SSA Cybersecurity a Priority for the OIG, Congress

Beyond the Numbers

Date: 
Thursday, June 9, 2016
Posted by: 
The Communications Division

Government information systems, and the data they store, remain targets of cyber attacks. In fact, it was a year ago this week that the U.S. Office of Personnel Management (OPM) announced it had been hacked, resulting in the theft of millions of government personnel records.

As cyber threats evolve and become more complex, it is imperative that all government agencies, including the Social Security Administration, make protecting their networks and information a top priority.

The OIG plays a critical role in overseeing SSA’s efforts to secure its information systems and protect Americans’ personal information; we do this by conducting various IT audits and reviews and making recommendations for improvement to SSA.
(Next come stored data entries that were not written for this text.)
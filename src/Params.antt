-- ===== src/Params.antt =====
-- The parameter buffers that ubuntu/src/encoder.c gives to VA-API: `fill_pic_param` and
-- `fill_slice_param`, and `fill_seq_param` in Params/Sequence, with the fields that the code sets.
-- The flags of VA-API for a picture are names, and `none` is `VA_INVALID_ID`.
pub mod Sequence
pub mod Agreement
pub mod PictureSet
use display_bridge.Prelude.{
  ℕ, ◌+◌, ◌-◌, ◌*◌, ◌/◌, ◌%◌, ◌^◌, Bool, true, false, not, ◌&&◌, Option, none, some, List, [], ◌∷◌,
  if◌then◌else◌, replicate, u32, u64,
}
use display_bridge.Encoder.{Encoder}
use display_bridge.Headers.{align_ctu, hevc_ctu_size}

pub data PictureFlags : Type 0 where
  no_flags picture_invalid rps_st_curr_before : PictureFlags

-- `VAPictureHEVC`
pub record Picture : Type 0 where
  pub picture_id : Option ℕ
  pub pic_order_cnt : ℕ
  pub flags : PictureFlags

abbrev pub no_picture : Picture
no_picture = record { picture_id = none; pic_order_cnt = 0; flags = picture_invalid }

-- The order count of the frame with this number, as the pattern of an `int32_t`.
abbrev pub order_of : Encoder → ℕ → ℕ
order_of enc count = u32 (count % enc.idr_interval)

-- `reference_frames` and `ref_pic_list0`: fifteen invalid entries, and then the first one.
unfoldable pub references : Encoder → Option ℕ → Bool → List Picture
references enc none is_idr = replicate 15 no_picture
references enc (some surface) is_idr =
    if not is_idr
    then record {
      picture_id = some surface;
      pic_order_cnt = order_of enc (u64 (enc.frame_count + 2 ^ 64 - 1));
      flags = rps_st_curr_before;
    }
      ∷ replicate 14 no_picture
    else replicate 15 no_picture

-- `VAEncPictureParameterBufferHEVC`
pub record PicParam : Type 0 where
  pub decoded_curr_pic : Picture
  pub reference_frames : List Picture
  pub nal_unit_type : ℕ
  pub idr_pic_flag : ℕ
  pub coding_type : ℕ
  pub collocated_ref_pic_index : ℕ
  pub last_picture : ℕ
  pub pic_init_qp : ℕ
  pub diff_cu_qp_delta_depth : ℕ
  pub pps_cb_qp_offset : ℕ
  pub pps_cr_qp_offset : ℕ
  pub num_tile_columns_minus1 : ℕ
  pub num_tile_rows_minus1 : ℕ
  pub log2_parallel_merge_level_minus2 : ℕ
  pub ctu_max_bitsize_allowed : ℕ
  pub num_ref_idx_l0_default_active_minus1 : ℕ
  pub num_ref_idx_l1_default_active_minus1 : ℕ
  pub slice_pic_parameter_set_id : ℕ
  pub reference_pic_flag : ℕ
  pub dependent_slice_segments_enabled_flag : ℕ
  pub sign_data_hiding_enabled_flag : ℕ
  pub constrained_intra_pred_flag : ℕ
  pub transform_skip_enabled_flag : ℕ
  pub cu_qp_delta_enabled_flag : ℕ
  pub weighted_pred_flag : ℕ
  pub weighted_bipred_flag : ℕ
  pub transquant_bypass_enabled_flag : ℕ
  pub tiles_enabled_flag : ℕ
  pub entropy_coding_sync_enabled_flag : ℕ
  pub loop_filter_across_tiles_enabled_flag : ℕ
  pub pps_loop_filter_across_slices_enabled_flag : ℕ
  pub scaling_list_data_present_flag : ℕ
  pub screen_content_flag : ℕ
  pub enable_gpu_weighted_prediction : ℕ
  pub no_output_of_prior_pics_flag : ℕ

-- `fill_pic_param`
unfoldable pub fill_pic_param : Encoder → Option ℕ → Option ℕ → Bool → PicParam
unfolding references
fill_pic_param enc recon_surface ref_surface is_idr = record {
  decoded_curr_pic = record {
    picture_id = recon_surface;
    pic_order_cnt = order_of enc enc.frame_count;
    flags = no_flags;
  };
  reference_frames = references enc ref_surface is_idr;
  nal_unit_type = if is_idr then 19 else 1;
  idr_pic_flag = if is_idr then 1 else 0;
  coding_type = if is_idr then 1 else 2;
  collocated_ref_pic_index = 0xFF;
  last_picture = 0;
  pic_init_qp = 26;
  diff_cu_qp_delta_depth = 0;
  pps_cb_qp_offset = 0;
  pps_cr_qp_offset = 0;
  num_tile_columns_minus1 = 0;
  num_tile_rows_minus1 = 0;
  log2_parallel_merge_level_minus2 = 0;
  ctu_max_bitsize_allowed = 0;
  num_ref_idx_l0_default_active_minus1 = 0;
  num_ref_idx_l1_default_active_minus1 = 0;
  slice_pic_parameter_set_id = 0;
  reference_pic_flag = 1;
  dependent_slice_segments_enabled_flag = 0;
  sign_data_hiding_enabled_flag = 0;
  constrained_intra_pred_flag = 0;
  transform_skip_enabled_flag = 0;
  cu_qp_delta_enabled_flag = 1;
  weighted_pred_flag = 0;
  weighted_bipred_flag = 0;
  transquant_bypass_enabled_flag = 0;
  tiles_enabled_flag = 0;
  entropy_coding_sync_enabled_flag = 0;
  loop_filter_across_tiles_enabled_flag = 1;
  pps_loop_filter_across_slices_enabled_flag = 1;
  scaling_list_data_present_flag = 0;
  screen_content_flag = 0;
  enable_gpu_weighted_prediction = 0;
  no_output_of_prior_pics_flag = 0;
}

-- `VAEncSliceParameterBufferHEVC`
pub record SliceParam : Type 0 where
  pub num_ctu_in_slice : ℕ
  pub slice_type : ℕ
  pub ref_pic_list0 : List Picture
  pub ref_pic_list1 : List Picture
  pub slice_segment_address : ℕ
  pub slice_pic_parameter_set_id : ℕ
  pub num_ref_idx_l0_active_minus1 : ℕ
  pub num_ref_idx_l1_active_minus1 : ℕ
  pub max_num_merge_cand : ℕ
  pub slice_qp_delta : ℕ
  pub slice_cb_qp_offset : ℕ
  pub slice_cr_qp_offset : ℕ
  pub slice_beta_offset_div2 : ℕ
  pub slice_tc_offset_div2 : ℕ
  pub last_slice_of_pic_flag : ℕ
  pub dependent_slice_segment_flag : ℕ
  pub slice_temporal_mvp_enabled_flag : ℕ
  pub slice_sao_luma_flag : ℕ
  pub slice_sao_chroma_flag : ℕ
  pub num_ref_idx_active_override_flag : ℕ
  pub mvd_l1_zero_flag : ℕ
  pub cabac_init_flag : ℕ
  pub slice_deblocking_filter_disabled_flag : ℕ
  pub slice_loop_filter_across_slices_enabled_flag : ℕ
  pub collocated_from_l0_flag : ℕ

-- `fill_slice_param`
unfoldable pub fill_slice_param : Encoder → Option ℕ → Bool → SliceParam
unfolding references
fill_slice_param enc ref_surface is_idr = record {
  num_ctu_in_slice = align_ctu enc.width / hevc_ctu_size * (align_ctu enc.height / hevc_ctu_size);
  slice_type = if is_idr then 2 else 1;
  ref_pic_list0 = references enc ref_surface is_idr;
  ref_pic_list1 = replicate 15 no_picture;
  slice_segment_address = 0;
  slice_pic_parameter_set_id = 0;
  num_ref_idx_l0_active_minus1 = 0;
  num_ref_idx_l1_active_minus1 = 0;
  max_num_merge_cand = 5;
  slice_qp_delta = 0;
  slice_cb_qp_offset = 0;
  slice_cr_qp_offset = 0;
  slice_beta_offset_div2 = 0;
  slice_tc_offset_div2 = 0;
  last_slice_of_pic_flag = 1;
  dependent_slice_segment_flag = 0;
  slice_temporal_mvp_enabled_flag = 0;
  slice_sao_luma_flag = 0;
  slice_sao_chroma_flag = 0;
  num_ref_idx_active_override_flag = 0;
  mvd_l1_zero_flag = 0;
  cabac_init_flag = 0;
  slice_deblocking_filter_disabled_flag = 0;
  slice_loop_filter_across_slices_enabled_flag = 1;
  collocated_from_l0_flag = 1;
}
Congressional Hearing on SSA Systems

Since the breach at OPM and similar incidents at other government agencies, Congress has taken steps to improve Federal agencies’ cybersecurity, through various legislative efforts, cybersecurity initiatives, and hearings with agency leadership and IT personnel.

Recently, Acting Inspector General Gale Stone joined SSA Acting Commissioner Carolyn Colvin and other SSA IT executives in a hearing before the U.S. House Committee on Oversight and Government Reform, to discuss the agency’s information systems.

In her testimony before Congress, Acting Inspector General Stone stressed that SSA contains sensitive data for nearly every U.S. citizen, thus improper and unauthorized access to this data could be detrimental for potentially hundreds of millions of Americans. Stone recommended that SSA must dedicate resources to ensure the appropriate design and effectiveness of information security controls, and to prevent unauthorized access to the sensitive information the American public entrusts to SSA. You can watch the entire hearing and review all of the written statements here.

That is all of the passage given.